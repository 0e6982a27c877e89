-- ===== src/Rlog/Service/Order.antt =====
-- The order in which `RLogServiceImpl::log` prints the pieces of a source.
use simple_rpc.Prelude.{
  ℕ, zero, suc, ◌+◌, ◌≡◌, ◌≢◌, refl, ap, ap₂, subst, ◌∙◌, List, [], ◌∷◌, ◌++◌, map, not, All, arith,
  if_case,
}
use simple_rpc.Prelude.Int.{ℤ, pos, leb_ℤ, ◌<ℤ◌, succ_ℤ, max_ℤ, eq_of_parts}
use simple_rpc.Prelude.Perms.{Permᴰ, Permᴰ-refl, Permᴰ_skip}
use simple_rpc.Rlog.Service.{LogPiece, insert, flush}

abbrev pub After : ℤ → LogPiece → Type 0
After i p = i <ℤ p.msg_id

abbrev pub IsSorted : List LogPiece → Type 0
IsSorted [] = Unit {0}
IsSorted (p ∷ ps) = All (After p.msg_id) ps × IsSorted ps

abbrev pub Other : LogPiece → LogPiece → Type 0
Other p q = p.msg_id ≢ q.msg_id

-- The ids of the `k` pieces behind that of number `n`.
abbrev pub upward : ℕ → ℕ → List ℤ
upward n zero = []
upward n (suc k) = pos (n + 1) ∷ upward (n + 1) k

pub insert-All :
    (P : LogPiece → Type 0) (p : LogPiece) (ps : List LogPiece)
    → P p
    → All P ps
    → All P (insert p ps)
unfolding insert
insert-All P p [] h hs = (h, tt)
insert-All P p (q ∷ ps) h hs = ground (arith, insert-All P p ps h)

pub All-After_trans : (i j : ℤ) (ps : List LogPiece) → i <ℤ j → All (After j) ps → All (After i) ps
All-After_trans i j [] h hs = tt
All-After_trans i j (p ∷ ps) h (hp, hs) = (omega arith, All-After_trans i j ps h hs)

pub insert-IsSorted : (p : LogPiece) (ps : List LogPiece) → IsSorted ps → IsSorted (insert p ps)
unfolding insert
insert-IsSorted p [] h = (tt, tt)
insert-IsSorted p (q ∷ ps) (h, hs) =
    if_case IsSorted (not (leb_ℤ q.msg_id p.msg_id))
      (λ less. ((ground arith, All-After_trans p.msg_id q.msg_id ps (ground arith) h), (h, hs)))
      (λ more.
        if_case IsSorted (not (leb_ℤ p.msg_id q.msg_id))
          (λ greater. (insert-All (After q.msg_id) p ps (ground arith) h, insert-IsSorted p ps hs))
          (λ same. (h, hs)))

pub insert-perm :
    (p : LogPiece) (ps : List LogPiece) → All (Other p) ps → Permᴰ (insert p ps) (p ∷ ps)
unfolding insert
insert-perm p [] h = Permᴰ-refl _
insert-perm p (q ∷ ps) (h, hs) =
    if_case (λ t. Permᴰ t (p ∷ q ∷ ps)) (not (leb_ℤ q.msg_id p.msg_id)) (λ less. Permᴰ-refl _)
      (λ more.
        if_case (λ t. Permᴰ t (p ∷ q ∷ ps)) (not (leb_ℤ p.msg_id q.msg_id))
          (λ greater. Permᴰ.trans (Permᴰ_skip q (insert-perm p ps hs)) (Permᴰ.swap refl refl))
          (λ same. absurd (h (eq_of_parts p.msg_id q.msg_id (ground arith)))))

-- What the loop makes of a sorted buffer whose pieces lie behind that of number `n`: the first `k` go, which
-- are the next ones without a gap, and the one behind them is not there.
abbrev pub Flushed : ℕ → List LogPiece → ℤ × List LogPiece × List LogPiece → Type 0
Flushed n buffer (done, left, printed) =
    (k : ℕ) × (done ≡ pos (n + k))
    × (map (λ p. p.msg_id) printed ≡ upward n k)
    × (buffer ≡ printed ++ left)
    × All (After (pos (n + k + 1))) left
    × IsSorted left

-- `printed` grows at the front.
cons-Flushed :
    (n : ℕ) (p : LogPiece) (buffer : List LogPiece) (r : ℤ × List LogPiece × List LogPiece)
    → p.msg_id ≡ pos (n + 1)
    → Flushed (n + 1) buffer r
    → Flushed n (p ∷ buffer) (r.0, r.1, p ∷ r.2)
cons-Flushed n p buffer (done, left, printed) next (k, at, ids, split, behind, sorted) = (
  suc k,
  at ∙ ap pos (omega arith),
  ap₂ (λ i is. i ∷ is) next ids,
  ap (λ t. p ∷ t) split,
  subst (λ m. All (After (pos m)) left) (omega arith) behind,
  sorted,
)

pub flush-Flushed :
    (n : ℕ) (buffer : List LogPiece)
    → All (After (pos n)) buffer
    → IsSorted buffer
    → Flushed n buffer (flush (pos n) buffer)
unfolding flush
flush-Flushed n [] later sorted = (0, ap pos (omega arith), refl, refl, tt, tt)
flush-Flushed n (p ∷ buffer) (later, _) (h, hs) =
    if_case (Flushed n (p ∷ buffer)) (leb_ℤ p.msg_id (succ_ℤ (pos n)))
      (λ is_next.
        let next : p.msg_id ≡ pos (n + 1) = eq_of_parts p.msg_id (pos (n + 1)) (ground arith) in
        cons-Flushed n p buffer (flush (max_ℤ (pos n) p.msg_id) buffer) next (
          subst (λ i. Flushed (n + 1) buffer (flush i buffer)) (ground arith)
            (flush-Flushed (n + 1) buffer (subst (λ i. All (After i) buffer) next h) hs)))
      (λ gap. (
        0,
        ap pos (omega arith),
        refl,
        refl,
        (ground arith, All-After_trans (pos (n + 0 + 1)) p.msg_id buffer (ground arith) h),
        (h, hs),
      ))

Task to carry out
A faithful, complete copy of the entries above is required.

Result of the exercise
repository 0e6982a27c877e89
-- ===== src/Rlog/Service/Order.antt =====
-- The order in which `RLogServiceImpl::log` prints the pieces of a source.
use simple_rpc.Prelude.{
  ℕ, zero, suc, ◌+◌, ◌≡◌, ◌≢◌, refl, ap, ap₂, subst, ◌∙◌, List, [], ◌∷◌, ◌++◌, map, not, All, arith,
  if_case,
}
use simple_rpc.Prelude.Int.{ℤ, pos, leb_ℤ, ◌<ℤ◌, succ_ℤ, max_ℤ, eq_of_parts}
use simple_rpc.Prelude.Perms.{Permᴰ, Permᴰ-refl, Permᴰ_skip}
use simple_rpc.Rlog.Service.{LogPiece, insert, flush}

abbrev pub After : ℤ → LogPiece → Type 0
After i p = i <ℤ p.msg_id

abbrev pub IsSorted : List LogPiece → Type 0
IsSorted [] = Unit {0}
IsSorted (p ∷ ps) = All (After p.msg_id) ps × IsSorted ps

abbrev pub Other : LogPiece → LogPiece → Type 0
Other p q = p.msg_id ≢ q.msg_id

-- The ids of the `k` pieces behind that of number `n`.
abbrev pub upward : ℕ → ℕ → List ℤ
upward n zero = []
upward n (suc k) = pos (n + 1) ∷ upward (n + 1) k

pub insert-All :
    (P : LogPiece → Type 0) (p : LogPiece) (ps : List LogPiece)
    → P p
    → All P ps
    → All P (insert p ps)
unfolding insert
insert-All P p [] h hs = (h, tt)
insert-All P p (q ∷ ps) h hs = ground (arith, insert-All P p ps h)

pub All-After_trans : (i j : ℤ) (ps : List LogPiece) → i <ℤ j → All (After j) ps → All (After i) ps
All-After_trans i j [] h hs = tt
All-After_trans i j (p ∷ ps) h (hp, hs) = (omega arith, All-After_trans i j ps h hs)

pub insert-IsSorted : (p : LogPiece) (ps : List LogPiece) → IsSorted ps → IsSorted (insert p ps)
unfolding insert
insert-IsSorted p [] h = (tt, tt)
insert-IsSorted p (q ∷ ps) (h, hs) =
    if_case IsSorted (not (leb_ℤ q.msg_id p.msg_id))
      (λ less. ((ground arith, All-After_trans p.msg_id q.msg_id ps (ground arith) h), (h, hs)))
      (λ more.
        if_case IsSorted (not (leb_ℤ p.msg_id q.msg_id))
          (λ greater. (insert-All (After q.msg_id) p ps (ground arith) h, insert-IsSorted p ps hs))
          (λ same. (h, hs)))

pub insert-perm :
    (p : LogPiece) (ps : List LogPiece) → All (Other p) ps → Permᴰ (insert p ps) (p ∷ ps)
unfolding insert
insert-perm p [] h = Permᴰ-refl _
insert-perm p (q ∷ ps) (h, hs) =
    if_case (λ t. Permᴰ t (p ∷ q ∷ ps)) (not (leb_ℤ q.msg_id p.msg_id)) (λ less. Permᴰ-refl _)
      (λ more.
        if_case (λ t. Permᴰ t (p ∷ q ∷ ps)) (not (leb_ℤ p.msg_id q.msg_id))
          (λ greater. Permᴰ.trans (Permᴰ_skip q (insert-perm p ps hs)) (Permᴰ.swap refl refl))
          (λ same. absurd (h (eq_of_parts p.msg_id q.msg_id (ground arith)))))

-- What the loop makes of a sorted buffer whose pieces lie behind that of number `n`: the first `k` go, which
-- are the next ones without a gap, and the one behind them is not there.
abbrev pub Flushed : ℕ → List LogPiece → ℤ × List LogPiece × List LogPiece → Type 0
Flushed n buffer (done, left, printed) =
    (k : ℕ) × (done ≡ pos (n + k))
    × (map (λ p. p.msg_id) printed ≡ upward n k)
    × (buffer ≡ printed ++ left)
    × All (After (pos (n + k + 1))) left
    × IsSorted left

-- `printed` grows at the front.
cons-Flushed :
    (n : ℕ) (p : LogPiece) (buffer : List LogPiece) (r : ℤ × List LogPiece × List LogPiece)
    → p.msg_id ≡ pos (n + 1)
    → Flushed (n + 1) buffer r
    → Flushed n (p ∷ buffer) (r.0, r.1, p ∷ r.2)
cons-Flushed n p buffer (done, left, printed) next (k, at, ids, split, behind, sorted) = (
  suc k,
  at ∙ ap pos (omega arith),
  ap₂ (λ i is. i ∷ is) next ids,
  ap (λ t. p ∷ t) split,
  subst (λ m. All (After (pos m)) left) (omega arith) behind,
  sorted,
)

pub flush-Flushed :
    (n : ℕ) (buffer : List LogPiece)
    → All (After (pos n)) buffer
    → IsSorted buffer
    → Flushed n buffer (flush (pos n) buffer)
unfolding flush
flush-Flushed n [] later sorted = (0, ap pos (omega arith), refl, refl, tt, tt)
flush-Flushed n (p ∷ buffer) (later, _) (h, hs) =
    if_case (Flushed n (p ∷ buffer)) (leb_ℤ p.msg_id (succ_ℤ (pos n)))
      (λ is_next.
        let next : p.msg_id ≡ pos (n + 1) = eq_of_parts p.msg_id (pos (n + 1)) (ground arith) in
        cons-Flushed n p buffer (flush (max_ℤ (pos n) p.msg_id) buffer) next (
          subst (λ i. Flushed (n + 1) buffer (flush i buffer)) (ground arith)
            (flush-Flushed (n + 1) buffer (subst (λ i. All (After i) buffer) next h) hs)))
      (λ gap. (
        0,
        ap pos (omega arith),
        refl,
        refl,
        (ground arith, All-After_trans (pos (n + 0 + 1)) p.msg_id buffer (ground arith) h),
        (h, hs),
      ))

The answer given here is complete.